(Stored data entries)
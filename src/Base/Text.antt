-- ===== src/Base/Text.antt =====
-- `str` as the native text: `len()` is its number of UTF-8 bytes, and `trim().is_empty()` holds
-- when every character has the Unicode property White_Space.
use Prim.Native.Nat.{ℕ, ◌+◌}
use Prim.Native.Char.{code}
use Prim.Native.String.{String}
use mathlib.Core.Path.{◌≡◌, refl}
use mathlib.Core.Bool.{Bool, true, false, ◌&&◌, ◌||◌}
use mathlib.Core.Logic.{◌↔◌}
use text.Mathlib.Text.{◌==◌ as str_eq}
use text.Mathlib.TextEquality.{eq_iff}
use mathlib.Core.List.{List, [], ◌∷◌, reverse}
use mykvm.Base.Tests.{leb, ◌==◌, ==_iff, ==_refl, &&_split, Eq, if◌then◌else◌}

abbrev pub string_beq : String → String → Bool
string_beq a b = str_eq a b

pub string_beq_iff : (a b : String) → (string_beq a b ≡ true) ↔ (a ≡ b)
string_beq_iff a b = eq_iff a b

instance abbrev pub string_eq : Eq String
string_eq = record { beq = string_beq; beq_iff = string_beq_iff }

abbrev pub is_whitespace : ℕ → Bool
is_whitespace c =
    (leb 0x09 c && leb c 0x0d)
    || c == 0x20
    || c == 0x85
    || c == 0xa0
    || c == 0x1680
    || (leb 0x2000 c && leb c 0x200a)
    || c == 0x2028
    || c == 0x2029
    || c == 0x202f
    || c == 0x205f
    || c == 0x3000

abbrev pub is_blank : String → Bool
is_blank String.[] = true
is_blank (String.◌∷◌ c s) = is_whitespace (code c) && is_blank s

abbrev pub is_empty : String → Bool
is_empty String.[] = true
is_empty (String.◌∷◌ c s) = false

-- `str::trim`.
abbrev pub trim_start : String → String
trim_start String.[] = String.[]
trim_start (String.◌∷◌ c s) = if is_whitespace (code c) then trim_start s else String.◌∷◌ c s

abbrev pub trim_end : String → String
trim_end String.[] = String.[]
trim_end (String.◌∷◌ c s) =
    let rest = trim_end s in
    if is_whitespace (code c) && is_empty rest then String.[] else String.◌∷◌ c rest

unfoldable pub trim : String → String
trim s = trim_end (trim_start s)

-- The `char`s of a text, by their numbers.
abbrev pub codes : String → List ℕ
codes String.[] = []
codes (String.◌∷◌ c s) = code c ∷ codes s

abbrev pub codes_beq : List ℕ → List ℕ → Bool
codes_beq [] [] = true
codes_beq [] (d ∷ t) = false
codes_beq (c ∷ s) [] = false
codes_beq (c ∷ s) (d ∷ t) = c == d && codes_beq s t

pub codes_beq_refl : (s : List ℕ) → codes_beq s s ≡ true
codes_beq_refl [] = refl
codes_beq_refl (c ∷ s) = rw (==_refl c) (codes_beq_refl s)

pub codes_beq_same : (s t : List ℕ) → codes_beq s t ≡ true → s ≡ t
codes_beq_same [] [] h = refl
codes_beq_same [] (d ∷ t) h = absurd (cc)
codes_beq_same (c ∷ s) [] h = absurd (cc)
codes_beq_same (c ∷ s) (d ∷ t) h =
    let both = &&_split (c == d) (codes_beq s t) h in
    λ i. (==_iff c d).0 both.0 i ∷ codes_beq_same s t both.1 i

abbrev pub trim_codes_start : (ℕ → Bool) → List ℕ → List ℕ
trim_codes_start test [] = []
trim_codes_start test (c ∷ s) = if test c then trim_codes_start test s else c ∷ s

-- `trim_matches`.
abbrev pub trim_codes : (ℕ → Bool) → List ℕ → List ℕ
trim_codes test s = reverse (trim_codes_start test (reverse (trim_codes_start test s)))

abbrev pub ascii_lowercase : ℕ → ℕ
ascii_lowercase c = if leb 0x41 c && leb c 0x5a then c + 32 else c

abbrev pub is_ascii_alphanumeric : ℕ → Bool
is_ascii_alphanumeric c =
    (leb 0x30 c && leb c 0x39) || (leb 0x41 c && leb c 0x5a) || (leb 0x61 c && leb c 0x7a)

-- `str::split` at one character; `part` is what was read of the current part, backwards.
abbrev pub split_codes : (mark : ℕ) (part : List ℕ) → List ℕ → List (List ℕ)
split_codes mark part [] = reverse part ∷ []
split_codes mark part (c ∷ s) = elim (c == mark) [
  | true ↦ reverse part ∷ split_codes mark [] s
  | false ↦ split_codes mark (c ∷ part) s
]
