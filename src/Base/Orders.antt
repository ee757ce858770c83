-- ===== src/Base/Orders.antt =====
-- Laws of a three-way comparison, kept by lexicographic composition: the derived `Ord` of a struct.
use Prim.Native.Nat.{ℕ, Ordering, compare}
use Prim.Native.Char.{code}
use Prim.Native.String.{String, then as and_then, compare as compare_text}
use Prim.Native.String.compare as clauses
use mathlib.Core.Path.{◌≡◌, refl, sym, subst}
use native.Mathlib.Omega.{arith}

abbrev pub opposite : Ordering → Ordering
opposite Ordering.lt = Ordering.gt
opposite Ordering.eq = Ordering.eq
opposite Ordering.gt = Ordering.lt

-- What `compare a b` and `compare b c` say of `compare a c`.
abbrev pub Chain : Ordering → Ordering → Ordering → Type 0
Chain Ordering.eq p q = q ≡ p
Chain Ordering.lt Ordering.gt q = Unit {0}
Chain Ordering.lt p q = q ≡ Ordering.lt
Chain Ordering.gt Ordering.lt q = Unit {0}
Chain Ordering.gt p q = q ≡ Ordering.gt

pub record Compares {ℓ} {A : Type ℓ} (cmp : A → A → Ordering) : Type ℓ where
  pub flips : (a b : A) → cmp b a ≡ opposite (cmp a b)
  pub chains : (a b c : A) → Chain (cmp a b) (cmp b c) (cmp a c)

pub and_then-flips :
    (o p q r : Ordering) → p ≡ opposite o → r ≡ opposite q → and_then p r ≡ opposite (and_then o q)
and_then-flips Ordering.lt p q r e f = rw e refl
and_then-flips Ordering.eq p q r e f = rw e f
and_then-flips Ordering.gt p q r e f = rw e refl

pub and_then-Chain :
    (o p q o' p' q' : Ordering)
    → Chain o p q
    → Chain o' p' q'
    → Chain (and_then o o') (and_then p p') (and_then q q')
and_then-Chain Ordering.eq Ordering.eq q o' p' q' h k = rw h k
and_then-Chain Ordering.eq Ordering.lt q Ordering.lt p' q' h k = rw h refl
and_then-Chain Ordering.eq Ordering.lt q Ordering.eq p' q' h k = rw h refl
and_then-Chain Ordering.eq Ordering.lt q Ordering.gt p' q' h k = tt
and_then-Chain Ordering.eq Ordering.gt q Ordering.lt p' q' h k = tt
and_then-Chain Ordering.eq Ordering.gt q Ordering.eq p' q' h k = rw h refl
and_then-Chain Ordering.eq Ordering.gt q Ordering.gt p' q' h k = rw h refl
and_then-Chain Ordering.lt Ordering.lt q o' p' q' h k = rw h refl
and_then-Chain Ordering.lt Ordering.eq q o' Ordering.lt q' h k = rw h refl
and_then-Chain Ordering.lt Ordering.eq q o' Ordering.eq q' h k = rw h refl
and_then-Chain Ordering.lt Ordering.eq q o' Ordering.gt q' h k = tt
and_then-Chain Ordering.lt Ordering.gt q o' p' q' h k = tt
and_then-Chain Ordering.gt Ordering.gt q o' p' q' h k = rw h refl
and_then-Chain Ordering.gt Ordering.eq q o' Ordering.gt q' h k = rw h refl
and_then-Chain Ordering.gt Ordering.eq q o' Ordering.eq q' h k = rw h refl
and_then-Chain Ordering.gt Ordering.eq q o' Ordering.lt q' h k = tt
and_then-Chain Ordering.gt Ordering.lt q o' p' q' h k = tt

pub numbers_compare : Compares compare
numbers_compare = record { flips = number_flips; chains = number_chains }
  where
    number_flips : (a b : ℕ) → compare b a ≡ opposite (compare a b)
    number_flips a b = ground arith

    number_chains : (a b c : ℕ) → Chain (compare a b) (compare b c) (compare a c)
    number_chains a b c = ground arith

Chain-lt : (o : Ordering) → Chain Ordering.lt o Ordering.lt
Chain-lt Ordering.lt = refl
Chain-lt Ordering.eq = refl
Chain-lt Ordering.gt = tt

Chain-gt : (o : Ordering) → Chain o Ordering.gt Ordering.gt
Chain-gt Ordering.lt = tt
Chain-gt Ordering.eq = refl
Chain-gt Ordering.gt = refl

Chain-by : {o o' p p' q q' : Ordering} → o ≡ o' → p ≡ p' → q ≡ q' → Chain o' p' q' → Chain o p q
Chain-by {o} {o'} {p} {p'} {q} {q'} e f g h =
    subst (λ (x : Ordering). Chain x p q) (sym e)
      (subst (λ (x : Ordering). Chain o' x q) (sym f)
        (subst (λ (x : Ordering). Chain o' p' x) (sym g) h))

text_flips : (s t : String) → compare_text t s ≡ opposite (compare_text s t)
text_flips String.[] String.[] = rw clauses.nil-nil refl
text_flips String.[] (String.◌∷◌ d t) = rw (clauses.nil-cons d t, clauses.cons-nil d t) refl
text_flips (String.◌∷◌ c s) String.[] = rw (clauses.nil-cons c s, clauses.cons-nil c s) refl
text_flips (String.◌∷◌ c s) (String.◌∷◌ d t) =
    rw (clauses.cons-cons c d s t, clauses.cons-cons d c t s)
      (and_then-flips (compare (code c) (code d)) (compare (code d) (code c)) (compare_text s t)
        (compare_text t s) (numbers_compare.flips (code c) (code d)) (text_flips s t))

text_chains : (s t u : String) → Chain (compare_text s t) (compare_text t u) (compare_text s u)
text_chains String.[] String.[] u = Chain-by clauses.nil-nil refl refl refl
text_chains String.[] (String.◌∷◌ d t) String.[] =
    Chain-by (clauses.nil-cons d t) (clauses.cons-nil d t) clauses.nil-nil tt
text_chains String.[] (String.◌∷◌ d t) (String.◌∷◌ e u) =
    Chain-by (clauses.nil-cons d t) refl (clauses.nil-cons e u)
      (Chain-lt (compare_text (String.◌∷◌ d t) (String.◌∷◌ e u)))
text_chains (String.◌∷◌ c s) String.[] String.[] =
    Chain-by (clauses.cons-nil c s) clauses.nil-nil (clauses.cons-nil c s) refl
text_chains (String.◌∷◌ c s) String.[] (String.◌∷◌ e u) =
    Chain-by (clauses.cons-nil c s) (clauses.nil-cons e u) refl tt
text_chains (String.◌∷◌ c s) (String.◌∷◌ d t) String.[] =
    Chain-by refl (clauses.cons-nil d t) (clauses.cons-nil c s)
      (Chain-gt (compare_text (String.◌∷◌ c s) (String.◌∷◌ d t)))
text_chains (String.◌∷◌ c s) (String.◌∷◌ d t) (String.◌∷◌ e u) =
    Chain-by (clauses.cons-cons c d s t) (clauses.cons-cons d e t u) (clauses.cons-cons c e s u) (
      and_then-Chain (compare (code c) (code d)) (compare (code d) (code e))
        (compare (code c) (code e)) (compare_text s t) (compare_text t u) (compare_text s u)
        (numbers_compare.chains (code c) (code d) (code e)) (text_chains s t u))

pub texts_compare : Compares compare_text
texts_compare = record { flips = text_flips; chains = text_chains }
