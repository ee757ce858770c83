-- ===== src/Base/Methods.antt =====
-- `&mut self` methods that may fail: the state goes through, also past an error.
use mathlib.Core.Bool.{Bool, false}
use mathlib.Core.Path.{◌≡◌, ap}
use mykvm.Base.Results.{Result, ok, err}
use mykvm.Base.Tests.{if◌then◌else◌}

abbrev pub Method : Type 0 → Type 0 → Type 0 → Type 0
Method S E A = S → S × Result E A

module _ {S E : Type 0} where
  abbrev pub pure : {A : Type 0} → A → Method S E A
  pure a s = (s, ok a)

  infixl 5 ◌>>=◌ ◌>>◌
  abbrev pub ◌>>=◌ : {A B : Type 0} → Method S E A → (A → Method S E B) → Method S E B
  ◌>>=◌ m f s = let r = m s in elim r.1 [ ok a ↦ f a r.0 | err e ↦ (r.0, err e) ]

  abbrev pub ◌>>◌ : {B : Type 0} → Method S E (Unit {0}) → Method S E B → Method S E B
  m >> k = m >>= λ _. k

  abbrev pub modify : (S → S) → Method S E (Unit {0})
  modify f s = (f s, ok tt)

  -- A value read from the state, or an error.
  abbrev pub lift : {A : Type 0} → (S → Result E A) → Method S E A
  lift f s = (s, f s)

  abbrev pub fail_when : (S → Bool) → E → Method S E (Unit {0})
  fail_when test e s = if test s then (s, err e) else (s, ok tt)

  -- `if let Err(error) = m { cleanup; return Err(error) }`.
  abbrev pub cleaned : {A : Type 0} → (S → S) → Method S E A → Method S E A
  cleaned cleanup m s =
      let r = m s in elim r.1 [ ok a ↦ (r.0, ok a) | err e ↦ (cleanup r.0, err e) ]

  -- A guard that lets the method go on.
  pub passes :
      {B : Type 0} (test : S → Bool) (e : E) (k : Method S E B) (s : S)
      → test s ≡ false
      → (fail_when test e >> k) s ≡ k s
  passes {B} test e k s q =
      ap
        (λ b.
          let r : S × Result E (Unit {0}) = if b then (s, err e) else (s, ok tt) in
          elim r.1 as (λ _. S × Result E B) [ ok a ↦ k r.0 | err x ↦ (r.0, err x) ])
        q

  -- A method that goes on with the result of the first.
  pub continues :
      {A B : Type 0} (m : Method S E A) (k : A → Method S E B) (s t : S) (a : A)
      → m s ≡ (t, ok a)
      → (m >>= k) s ≡ k a t
  continues {A} {B} m k s t a q =
      ap (λ r. elim r.1 as (λ _. S × Result E B) [ ok a ↦ k a r.0 | err e ↦ (r.0, err e) ]) q
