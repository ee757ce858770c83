-- ===== src/Clipboard.antt =====
-- Clipboard operations on their way: src-tauri/src/protocol_v2.rs, src-tauri/src/clipboard.rs and the stream handler of
-- src-tauri/src/lib.rs.
pub mod Frames
pub mod Receive
pub mod Wins
pub mod Kept
pub mod Winner
pub mod Clock
pub mod Delivery
pub mod Arrival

__ASSIGNMENT__
Print the lines above from the one with "number_flips a b = ground arith" through the one with "text_flips String.[] (String.◌∷◌", both included, exactly as written and nothing more.

__FINISHED TASK__
    number_flips a b = ground arith

    number_chains : (a b c : ℕ) → Chain (compare a b) (compare b c) (compare a c)
    number_chains a b c = ground arith

Chain-lt : (o : Ordering) → Chain Ordering.lt o Ordering.lt
Chain-lt Ordering.lt = refl
Chain-lt Ordering.eq = refl
Chain-lt Ordering.gt = tt

Chain-gt : (o : Ordering) → Chain o Ordering.gt Ordering.gt
Chain-gt Ordering.lt = tt
Chain-gt Ordering.eq = refl
Chain-gt Ordering.gt = refl

Chain-by : {o o' p p' q q' : Ordering} → o ≡ o' → p ≡ p' → q ≡ q' → Chain o' p' q' → Chain o p q
Chain-by {o} {o'} {p} {p'} {q} {q'} e f g h =
    subst (λ (x : Ordering). Chain x p q) (sym e)
      (subst (λ (x : Ordering). Chain o' x q) (sym f)
        (subst (λ (x : Ordering). Chain o' p' x) (sym g) h))

text_flips : (s t : String) → compare_text t s ≡ opposite (compare_text s t)
text_flips String.[] String.[] = rw clauses.nil-nil refl
text_flips String.[] (String.◌∷◌ d t) = rw (clauses.nil-cons d t, clauses.cons-nil d t) refl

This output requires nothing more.